◆ Extracted data:
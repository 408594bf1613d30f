-- ===== src/Lifespan.antt =====
-- The background threads of one limiter, from its constructor to `shutdown`: AbstractDistributedRateLimiter,
-- DrainSignalSubscriber and BackendHealthMonitor of src/redis_rate_limiter/core/limiters.py, around the
-- drain loop. The heartbeat scheduler is left to Heartbeat. A step is what a thread does up to its next
-- wait; a join that times out is no step.
pub mod Keeps
pub mod Quiet
use redis_rate_limiter.Prelude.{
  ℕ, suc, ◌+◌, ◌≡◌, refl, Bool, true, false, not, ◌&&◌, Option, none, some, List, [], ◌∷◌,
  if◌then◌else◌, is_some,
}
use redis_rate_limiter.Prelude.Text.{Text}
use redis_rate_limiter.Loop
use redis_rate_limiter.Loop.{Loop, idle_loop, wake, shuts_down, perform}
use redis_rate_limiter.Subscriber.{SenderId, Poll, nothing, control, failed, message, is_foreign}

-- Where the listener's thread is: at the head of its loop, in get_message, or at its end.
pub data Place : Type 0 where
  head polling ended : Place

pub record Listener : Type 0 where
  pub place : Place
  pub shutdown : Bool
  -- how often it has called _schedule_drain
  pub heard : ℕ

-- start
abbrev pub new_listener : Listener
new_listener = record { place = head; shutdown = false; heard = 0 }

-- What get_message gave, and whether _schedule_drain is called.
unfoldable pub hear : (SenderId → Bool) → Poll → Listener → Listener × Bool
hear foreign nothing s = (record s { place = head }, false)
hear foreign control s = (record s { place = head }, false)
hear foreign failed s = (record s { place = if s.shutdown then ended else head }, false)
hear foreign (message sender) s =
    if foreign sender
    then (record s { place = head; heard = suc s.heard }, true)
    else (record s { place = head }, false)

-- _run: the thread's next step
unfoldable pub listen_on : (SenderId → Bool) → Poll → Place → Listener → Listener × Bool
unfolding hear
listen_on foreign poll head s = (record s { place = if s.shutdown then ended else polling }, false)
listen_on foreign poll polling s = hear foreign poll s
listen_on foreign poll ended s = (s, false)

-- Where the monitor's thread is: in the wait between two checks, in a check, or at its end.
pub data Watch : Type 0 where
  waiting checking over : Watch

pub record HealthThread : Type 0 where
  pub watch : Watch
  pub shutdown : Bool
  -- how many checks have begun
  pub checks : ℕ

abbrev pub new_health : HealthThread
new_health = record { watch = waiting; shutdown = false; checks = 0 }

-- _run: the event's wait is over, or the check is
unfoldable pub watch_on : Watch → HealthThread → HealthThread
watch_on waiting h =
    if h.shutdown
    then record h { watch = over }
    else record h { watch = checking; checks = suc h.checks }
watch_on checking h = record h { watch = waiting }
watch_on over h = h

pub record Background : Type 0 where
  pub drain_loop : Option Loop
  pub subscriber : Option Listener
  pub monitor : Option HealthThread
  pub shutdown_called : Bool

-- The threads that the constructor makes; `has_check` tells whether the class overrides
-- _check_backend_health.
unfoldable pub start_background : Bool → Bool → Background
start_background drain_enabled has_check = record {
  drain_loop = if drain_enabled then some idle_loop else none;
  subscriber = if drain_enabled then some new_listener else none;
  monitor = if drain_enabled && has_check then some new_health else none;
  shutdown_called = false;
}

abbrev pub close_loop : Option Loop → Option Loop
close_loop none = none
close_loop (some l) = some (perform shuts_down l)

abbrev pub close_listener : Option Listener → Option Listener
close_listener none = none
close_listener (some s) = some (record s { shutdown = true })

abbrev pub close_health : Option HealthThread → Option HealthThread
close_health none = none
close_health (some h) = some (record h { shutdown = true })

pub data Part : Type 0 where
  the_monitor the_loop the_listener : Part

-- The `shutdown` of one part, up to its join.
unfoldable pub close : Part → Background → Background
unfolding perform
close the_monitor b = record b { monitor = close_health b.monitor }
close the_loop b = record b { drain_loop = close_loop b.drain_loop }
close the_listener b = record b { subscriber = close_listener b.subscriber }

-- The start of `shutdown`, which then closes the monitor, the loop and the listener in turn; the others go
-- on during each join.
unfoldable pub call_shutdown : Background → Background
call_shutdown b = record b { shutdown_called = true }

-- __del__: whether it warns
unfoldable pub del_warns : Background → Bool
del_warns b = is_some b.drain_loop && not b.shutdown_called

-- _schedule_drain(delay)
unfoldable pub schedule_drain : ℕ → ℕ → Background → Background
unfolding wake
schedule_drain now delay b = elim b.drain_loop [
  | none ↦ b
  | some l ↦ record b { drain_loop = some (wake now delay l) }
]

-- What happens to a limiter's threads: a step of one, at a time and with what get_message gives, a call of
-- _schedule_drain by a task, a drain or a caller, or a step of `shutdown`.
pub data Happening : Type 0 where
  loop_steps : ℕ → Happening
  listener_steps : ℕ → Poll → Happening
  monitor_steps : Happening
  schedules : ℕ → ℕ → Happening
  calls_shutdown : Happening
  closes : Part → Happening

unfoldable pub step_loop : ℕ → Background → Background
unfolding perform
step_loop now b = elim b.drain_loop [
  | none ↦ b
  | some l ↦ record b { drain_loop = some (perform (Loop.advances now) l) }
]

unfoldable pub step_listener : (SenderId → Bool) → ℕ → Poll → Background → Background
unfolding listen_on schedule_drain
step_listener foreign now poll b = elim b.subscriber [
  | none ↦ b
  | some s ↦
      let (s', wakes) = listen_on foreign poll s.place s in
      let moved = record b { subscriber = some s' } in
      if wakes then schedule_drain now 0 moved else moved
]

unfoldable pub step_monitor : Background → Background
unfolding watch_on
step_monitor b = elim b.monitor [
  | none ↦ b
  | some h ↦ record b { monitor = some (watch_on h.watch h) }
]

unfoldable pub occur : (SenderId → Bool) → Happening → Background → Background
unfolding step_loop step_listener step_monitor schedule_drain call_shutdown close
occur foreign (loop_steps now) b = step_loop now b
occur foreign (listener_steps now poll) b = step_listener foreign now poll b
occur foreign monitor_steps b = step_monitor b
occur foreign (schedules now delay) b = schedule_drain now delay b
occur foreign calls_shutdown b = call_shutdown b
occur foreign (closes part) b = close part b

-- The whole call of `shutdown`, if nothing else happens during it.
unfoldable pub shutdown : (SenderId → Bool) → Background → Background
unfolding occur
shutdown foreign b = occur foreign (closes the_listener) (
    occur foreign (closes the_loop)
      (occur foreign (closes the_monitor) (occur foreign calls_shutdown b)))

unfoldable pub occur_all : (SenderId → Bool) → List Happening → Background → Background
unfolding occur
occur_all foreign [] b = b
occur_all foreign (e ∷ events) b = occur_all foreign events (occur foreign e b)
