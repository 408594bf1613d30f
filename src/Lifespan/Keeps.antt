-- ===== src/Lifespan/Keeps.antt =====
-- What every step of a limiter's threads keeps, whatever happens keeps.
use redis_rate_limiter.Prelude.{
  ℕ, ◌≡◌, refl, Bool, true, Option, none, some, List, [], ◌∷◌, subst, Bool-cases, inl, inr,
}
use redis_rate_limiter.Loop
use redis_rate_limiter.Loop.{Loop, wake, shuts_down, advances}
use redis_rate_limiter.Subscriber.{SenderId, Poll}
use redis_rate_limiter.Lifespan.{
  Listener, listen_on, HealthThread, watch_on, Background, schedule_drain, Happening, loop_steps,
  listener_steps, monitor_steps, schedules, calls_shutdown, closes, Part, the_monitor, the_loop,
  the_listener, close, close_loop, close_listener, close_health, call_shutdown, step_loop,
  step_listener, step_monitor, occur, occur_all,
}

abbrev pub AllOf : {A : Type 0} → (A → Type 0) → Option A → Type 0
AllOf P none = Unit {0}
AllOf P (some a) = P a

-- What the steps of each part keep.
pub record Keeps (P : Loop → Type 0) (Q : Listener → Type 0) (S : HealthThread → Type 0)
    (foreign : SenderId → Bool) : Type 0 where
  pub wakes : (now delay : ℕ) (l : Loop) → P l → P (wake now delay l)
  pub performs : (e : Loop.Event) (l : Loop) → P l → P (Loop.perform e l)
  pub listens : (poll : Poll) (s : Listener) → Q s → Q (listen_on foreign poll s.place s).0
  pub deafens : (s : Listener) → Q s → Q (record s { shutdown = true })
  pub watches : (h : HealthThread) → S h → S (watch_on h.watch h)
  pub blinds : (h : HealthThread) → S h → S (record h { shutdown = true })

-- What is true of each part, and stays true with each of its steps, stays true whatever happens.
module _ (P : Loop → Type 0) (Q : Listener → Type 0) (S : HealthThread → Type 0)
    (foreign : SenderId → Bool) (k : Keeps P Q S foreign) where
  abbrev pub Kept : Background → Type 0
  Kept b = AllOf P b.drain_loop × AllOf Q b.subscriber × AllOf S b.monitor

  wake-AllOf :
      (now delay : ℕ) (b : Background) (o : Option Loop)
      → b.drain_loop ≡ o
      → Kept b
      → Kept (schedule_drain now delay b)
  unfolding schedule_drain
  wake-AllOf now delay b none at (p, q, s) = rw at (tt, q, s)
  wake-AllOf now delay b (some l) at (p, q, s) =
      rw at (k.wakes now delay l (subst (AllOf P) at p), q, s)

  step_loop-AllOf :
      (now : ℕ) (b : Background) (o : Option Loop)
      → b.drain_loop ≡ o
      → Kept b
      → Kept (step_loop now b)
  unfolding step_loop
  step_loop-AllOf now b none at (p, q, s) = rw at (tt, q, s)
  step_loop-AllOf now b (some l) at (p, q, s) =
      rw at (k.performs (advances now) l (subst (AllOf P) at p), q, s)

  step_monitor-AllOf :
      (b : Background) (o : Option HealthThread) → b.monitor ≡ o → Kept b → Kept (step_monitor b)
  unfolding step_monitor
  step_monitor-AllOf b none at (p, q, s) = rw at (p, q, tt)
  step_monitor-AllOf b (some h) at (p, q, s) = rw at (p, q, k.watches h (subst (AllOf S) at s))

  step_listener-AllOf :
      (now : ℕ) (poll : Poll) (b : Background) (o : Option Listener)
      → b.subscriber ≡ o
      → Kept b
      → Kept (step_listener foreign now poll b)
  unfolding step_listener
  step_listener-AllOf now poll b none at (p, q, s) = rw at (p, tt, s)
  step_listener-AllOf now poll b (some l) at (p, q, s) =
      let moved : Background = record b {
        subscriber = some (listen_on foreign poll l.place l).0;
      } in
      let kept : Kept moved = (p, k.listens poll l (subst (AllOf Q) at q), s) in
      rw at (elim (Bool-cases (listen_on foreign poll l.place l).1) [
        | inl e ↦ rw e (wake-AllOf now 0 moved b.drain_loop refl kept)
        | inr e ↦ rw e kept
      ])

  close_loop-AllOf : (o : Option Loop) → AllOf P o → AllOf P (close_loop o)
  close_loop-AllOf none p = tt
  close_loop-AllOf (some l) p = k.performs shuts_down l p

  close_listener-AllOf : (o : Option Listener) → AllOf Q o → AllOf Q (close_listener o)
  close_listener-AllOf none q = tt
  close_listener-AllOf (some l) q = k.deafens l q

  close_health-AllOf : (o : Option HealthThread) → AllOf S o → AllOf S (close_health o)
  close_health-AllOf none s = tt
  close_health-AllOf (some h) s = k.blinds h s

  close-Kept : (part : Part) (b : Background) → Kept b → Kept (close part b)
  unfolding close
  close-Kept the_monitor b (p, q, s) = (p, q, close_health-AllOf b.monitor s)
  close-Kept the_loop b (p, q, s) = (close_loop-AllOf b.drain_loop p, q, s)
  close-Kept the_listener b (p, q, s) = (p, close_listener-AllOf b.subscriber q, s)

  occur-Kept : (e : Happening) (b : Background) → Kept b → Kept (occur foreign e b)
  unfolding occur call_shutdown
  occur-Kept (loop_steps now) b h = step_loop-AllOf now b b.drain_loop refl h
  occur-Kept (listener_steps now poll) b h = step_listener-AllOf now poll b b.subscriber refl h
  occur-Kept monitor_steps b h = step_monitor-AllOf b b.monitor refl h
  occur-Kept (schedules now delay) b h = wake-AllOf now delay b b.drain_loop refl h
  occur-Kept calls_shutdown b h = h
  occur-Kept (closes part) b h = close-Kept part b h

  pub occur_all-Kept :
      (events : List Happening) (b : Background) → Kept b → Kept (occur_all foreign events b)
  unfolding occur_all
  occur_all-Kept [] b h = h
  occur_all-Kept (e ∷ events) b h = occur_all-Kept events (occur foreign e b) (occur-Kept e b h)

◆ Your task: Scan the records above, then copy out each line that mentions "schedules".

◆ Response to this task:
  schedules : ℕ → ℕ → Happening
occur foreign (schedules now delay) b = schedule_drain now delay b
  listener_steps, monitor_steps, schedules, calls_shutdown, closes, Part, the_monitor, the_loop,
  occur-Kept (schedules now delay) b h = wake-AllOf now delay b b.drain_loop refl h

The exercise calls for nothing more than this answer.